◆ TASK DESCRIPTION ◆
List each line of the data that holds the word "SimpleMappingFunction".

◆ Collection entries ◆
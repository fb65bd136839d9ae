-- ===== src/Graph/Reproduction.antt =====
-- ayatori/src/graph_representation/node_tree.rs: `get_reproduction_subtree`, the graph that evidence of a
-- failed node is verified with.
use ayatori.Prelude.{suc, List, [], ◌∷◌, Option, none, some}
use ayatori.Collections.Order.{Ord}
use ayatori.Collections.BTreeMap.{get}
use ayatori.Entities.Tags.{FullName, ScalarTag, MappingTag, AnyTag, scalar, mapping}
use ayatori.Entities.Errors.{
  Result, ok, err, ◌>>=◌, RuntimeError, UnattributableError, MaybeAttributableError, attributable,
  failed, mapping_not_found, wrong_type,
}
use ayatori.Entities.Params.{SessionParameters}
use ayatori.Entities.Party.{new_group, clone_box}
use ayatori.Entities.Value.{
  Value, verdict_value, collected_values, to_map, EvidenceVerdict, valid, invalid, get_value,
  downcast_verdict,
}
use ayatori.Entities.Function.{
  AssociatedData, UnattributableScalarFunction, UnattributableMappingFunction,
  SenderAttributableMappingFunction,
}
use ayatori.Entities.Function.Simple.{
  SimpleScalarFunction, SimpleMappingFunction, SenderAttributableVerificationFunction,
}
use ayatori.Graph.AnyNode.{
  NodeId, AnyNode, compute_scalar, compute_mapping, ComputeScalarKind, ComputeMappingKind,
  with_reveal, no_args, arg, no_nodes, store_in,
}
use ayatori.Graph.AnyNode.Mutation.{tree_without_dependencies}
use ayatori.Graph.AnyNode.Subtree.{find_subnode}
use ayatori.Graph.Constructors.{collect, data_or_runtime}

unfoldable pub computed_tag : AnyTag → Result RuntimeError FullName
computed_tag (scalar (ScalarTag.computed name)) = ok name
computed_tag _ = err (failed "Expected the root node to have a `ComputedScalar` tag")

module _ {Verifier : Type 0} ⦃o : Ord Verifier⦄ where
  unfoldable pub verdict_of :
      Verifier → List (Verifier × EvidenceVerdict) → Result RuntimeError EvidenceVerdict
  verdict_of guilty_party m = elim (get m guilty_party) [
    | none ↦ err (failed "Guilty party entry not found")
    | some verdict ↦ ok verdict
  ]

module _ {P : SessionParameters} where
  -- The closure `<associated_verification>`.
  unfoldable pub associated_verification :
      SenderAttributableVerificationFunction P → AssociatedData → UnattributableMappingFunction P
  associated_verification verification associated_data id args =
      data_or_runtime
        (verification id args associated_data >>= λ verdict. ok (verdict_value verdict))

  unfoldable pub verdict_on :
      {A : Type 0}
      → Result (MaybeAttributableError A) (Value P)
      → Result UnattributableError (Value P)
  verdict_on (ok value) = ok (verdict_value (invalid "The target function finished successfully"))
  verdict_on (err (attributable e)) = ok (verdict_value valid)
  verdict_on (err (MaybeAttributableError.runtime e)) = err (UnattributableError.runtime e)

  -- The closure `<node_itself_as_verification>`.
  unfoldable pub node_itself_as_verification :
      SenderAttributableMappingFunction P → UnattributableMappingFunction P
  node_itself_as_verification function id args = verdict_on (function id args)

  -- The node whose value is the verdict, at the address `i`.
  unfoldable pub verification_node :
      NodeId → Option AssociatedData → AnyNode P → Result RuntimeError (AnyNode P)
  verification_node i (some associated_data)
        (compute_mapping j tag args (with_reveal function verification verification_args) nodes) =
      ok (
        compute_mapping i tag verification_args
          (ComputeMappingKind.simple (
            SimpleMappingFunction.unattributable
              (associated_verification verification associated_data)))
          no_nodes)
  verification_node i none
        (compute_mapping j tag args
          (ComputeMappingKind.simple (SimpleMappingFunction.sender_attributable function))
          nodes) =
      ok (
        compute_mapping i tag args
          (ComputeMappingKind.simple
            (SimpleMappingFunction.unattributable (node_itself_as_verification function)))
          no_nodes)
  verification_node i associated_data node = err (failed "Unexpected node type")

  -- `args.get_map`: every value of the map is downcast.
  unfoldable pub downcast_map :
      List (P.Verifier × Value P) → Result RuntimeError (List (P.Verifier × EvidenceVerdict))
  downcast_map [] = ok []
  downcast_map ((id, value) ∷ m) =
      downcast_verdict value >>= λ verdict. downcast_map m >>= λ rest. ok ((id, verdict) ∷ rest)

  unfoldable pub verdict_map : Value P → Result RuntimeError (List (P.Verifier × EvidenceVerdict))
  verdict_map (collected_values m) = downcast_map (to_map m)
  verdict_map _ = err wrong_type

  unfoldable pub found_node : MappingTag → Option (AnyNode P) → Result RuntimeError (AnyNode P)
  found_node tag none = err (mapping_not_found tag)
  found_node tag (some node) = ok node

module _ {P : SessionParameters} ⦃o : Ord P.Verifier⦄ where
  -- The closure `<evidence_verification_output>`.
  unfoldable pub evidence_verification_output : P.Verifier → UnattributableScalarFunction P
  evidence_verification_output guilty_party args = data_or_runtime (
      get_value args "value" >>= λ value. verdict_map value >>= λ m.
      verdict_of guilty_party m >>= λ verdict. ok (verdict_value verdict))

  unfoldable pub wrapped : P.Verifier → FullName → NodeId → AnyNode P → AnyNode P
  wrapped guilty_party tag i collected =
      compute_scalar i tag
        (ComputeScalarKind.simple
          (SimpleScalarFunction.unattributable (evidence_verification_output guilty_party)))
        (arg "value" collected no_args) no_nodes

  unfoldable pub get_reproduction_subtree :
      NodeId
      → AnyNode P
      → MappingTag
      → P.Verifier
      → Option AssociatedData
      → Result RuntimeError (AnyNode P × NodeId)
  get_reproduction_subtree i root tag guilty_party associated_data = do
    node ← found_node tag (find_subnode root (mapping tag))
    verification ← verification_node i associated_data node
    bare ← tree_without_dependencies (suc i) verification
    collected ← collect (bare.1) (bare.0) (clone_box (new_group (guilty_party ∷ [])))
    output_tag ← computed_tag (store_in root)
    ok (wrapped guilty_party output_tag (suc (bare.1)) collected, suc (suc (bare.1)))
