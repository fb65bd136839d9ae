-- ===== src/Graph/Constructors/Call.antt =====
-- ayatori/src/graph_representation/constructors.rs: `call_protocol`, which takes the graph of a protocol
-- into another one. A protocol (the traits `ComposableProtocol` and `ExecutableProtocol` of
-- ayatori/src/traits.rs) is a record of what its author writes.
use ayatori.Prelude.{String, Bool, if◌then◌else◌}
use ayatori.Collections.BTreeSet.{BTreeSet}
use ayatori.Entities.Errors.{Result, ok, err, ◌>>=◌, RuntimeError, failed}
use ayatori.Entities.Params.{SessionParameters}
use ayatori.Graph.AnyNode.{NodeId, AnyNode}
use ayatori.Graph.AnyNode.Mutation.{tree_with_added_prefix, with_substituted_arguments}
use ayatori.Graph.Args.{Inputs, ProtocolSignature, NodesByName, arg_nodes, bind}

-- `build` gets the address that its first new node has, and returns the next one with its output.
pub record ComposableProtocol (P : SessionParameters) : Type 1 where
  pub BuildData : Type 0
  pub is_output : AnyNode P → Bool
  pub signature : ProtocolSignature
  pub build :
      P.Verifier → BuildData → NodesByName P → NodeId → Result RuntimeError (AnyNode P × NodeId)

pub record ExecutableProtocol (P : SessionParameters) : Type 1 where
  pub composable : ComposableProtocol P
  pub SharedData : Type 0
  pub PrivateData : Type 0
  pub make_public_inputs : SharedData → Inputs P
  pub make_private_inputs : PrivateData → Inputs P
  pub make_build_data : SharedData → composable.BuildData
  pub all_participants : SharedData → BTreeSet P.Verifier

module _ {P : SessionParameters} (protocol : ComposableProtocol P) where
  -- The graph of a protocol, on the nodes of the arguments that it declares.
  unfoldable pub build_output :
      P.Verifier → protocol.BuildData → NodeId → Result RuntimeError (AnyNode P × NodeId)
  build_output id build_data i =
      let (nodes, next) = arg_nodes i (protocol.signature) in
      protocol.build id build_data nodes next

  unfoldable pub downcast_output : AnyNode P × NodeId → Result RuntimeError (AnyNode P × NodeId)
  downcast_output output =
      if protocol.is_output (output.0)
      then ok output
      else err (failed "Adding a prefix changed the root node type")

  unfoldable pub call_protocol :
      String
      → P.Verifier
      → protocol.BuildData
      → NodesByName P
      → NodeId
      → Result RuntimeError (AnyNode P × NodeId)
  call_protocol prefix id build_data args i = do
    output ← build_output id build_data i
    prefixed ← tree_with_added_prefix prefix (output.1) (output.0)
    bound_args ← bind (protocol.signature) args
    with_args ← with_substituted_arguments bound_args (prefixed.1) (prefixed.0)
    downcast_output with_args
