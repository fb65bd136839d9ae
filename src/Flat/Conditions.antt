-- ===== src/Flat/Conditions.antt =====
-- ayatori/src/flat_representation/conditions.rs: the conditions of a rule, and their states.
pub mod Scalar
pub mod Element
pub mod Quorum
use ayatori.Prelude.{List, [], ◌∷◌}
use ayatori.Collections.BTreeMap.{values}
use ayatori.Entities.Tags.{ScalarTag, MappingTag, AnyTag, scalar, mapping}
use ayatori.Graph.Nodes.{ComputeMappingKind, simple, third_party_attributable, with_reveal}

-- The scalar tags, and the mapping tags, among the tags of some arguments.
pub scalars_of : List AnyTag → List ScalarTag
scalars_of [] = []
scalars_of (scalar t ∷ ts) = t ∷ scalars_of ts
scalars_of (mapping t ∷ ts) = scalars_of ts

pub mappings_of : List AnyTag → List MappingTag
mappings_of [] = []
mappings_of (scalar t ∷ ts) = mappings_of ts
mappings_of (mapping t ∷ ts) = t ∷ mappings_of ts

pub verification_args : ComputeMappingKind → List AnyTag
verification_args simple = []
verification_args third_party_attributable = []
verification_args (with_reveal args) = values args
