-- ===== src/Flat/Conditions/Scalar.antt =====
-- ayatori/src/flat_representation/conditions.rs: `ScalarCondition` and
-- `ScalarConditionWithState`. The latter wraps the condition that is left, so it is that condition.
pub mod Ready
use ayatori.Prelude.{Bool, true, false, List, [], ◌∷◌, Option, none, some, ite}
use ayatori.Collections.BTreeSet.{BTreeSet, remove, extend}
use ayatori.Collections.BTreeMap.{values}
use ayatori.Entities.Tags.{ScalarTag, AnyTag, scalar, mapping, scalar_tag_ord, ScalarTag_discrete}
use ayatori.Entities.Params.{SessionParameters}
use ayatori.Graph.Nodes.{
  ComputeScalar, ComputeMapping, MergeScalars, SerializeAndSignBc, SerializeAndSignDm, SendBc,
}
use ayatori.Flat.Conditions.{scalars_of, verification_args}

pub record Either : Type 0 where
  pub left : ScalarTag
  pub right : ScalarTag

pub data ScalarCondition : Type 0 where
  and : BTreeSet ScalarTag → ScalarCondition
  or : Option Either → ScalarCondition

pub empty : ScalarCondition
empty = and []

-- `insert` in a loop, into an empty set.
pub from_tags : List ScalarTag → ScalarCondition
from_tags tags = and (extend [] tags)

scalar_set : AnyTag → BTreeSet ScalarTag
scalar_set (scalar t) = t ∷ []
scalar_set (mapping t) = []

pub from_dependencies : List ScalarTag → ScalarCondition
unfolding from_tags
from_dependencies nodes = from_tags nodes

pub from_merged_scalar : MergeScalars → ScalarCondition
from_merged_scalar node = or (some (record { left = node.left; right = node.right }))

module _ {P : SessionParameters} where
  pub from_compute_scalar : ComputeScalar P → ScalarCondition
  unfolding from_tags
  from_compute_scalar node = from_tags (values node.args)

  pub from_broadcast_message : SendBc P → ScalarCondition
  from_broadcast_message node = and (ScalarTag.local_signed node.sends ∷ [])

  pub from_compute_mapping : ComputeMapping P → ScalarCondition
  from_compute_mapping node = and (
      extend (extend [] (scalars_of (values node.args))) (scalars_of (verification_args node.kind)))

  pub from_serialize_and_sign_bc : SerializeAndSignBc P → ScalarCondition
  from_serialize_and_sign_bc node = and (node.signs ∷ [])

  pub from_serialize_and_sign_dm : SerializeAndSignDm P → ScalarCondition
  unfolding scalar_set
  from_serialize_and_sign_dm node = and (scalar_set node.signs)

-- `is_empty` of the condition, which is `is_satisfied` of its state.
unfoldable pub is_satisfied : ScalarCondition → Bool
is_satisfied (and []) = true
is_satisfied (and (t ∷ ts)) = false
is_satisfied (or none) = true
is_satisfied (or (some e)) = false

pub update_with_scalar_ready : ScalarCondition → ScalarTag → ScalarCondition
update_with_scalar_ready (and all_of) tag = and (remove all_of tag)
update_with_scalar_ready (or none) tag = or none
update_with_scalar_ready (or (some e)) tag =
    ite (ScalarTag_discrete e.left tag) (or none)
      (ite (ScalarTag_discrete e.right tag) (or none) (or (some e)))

◆ ANSWER TO THIS TASK ◆
  SimpleScalarFunction, SimpleMappingFunction, SenderAttributableVerificationFunction,
            SimpleMappingFunction.unattributable
          (ComputeMappingKind.simple (SimpleMappingFunction.sender_attributable function))
            (SimpleMappingFunction.unattributable (node_itself_as_verification function)))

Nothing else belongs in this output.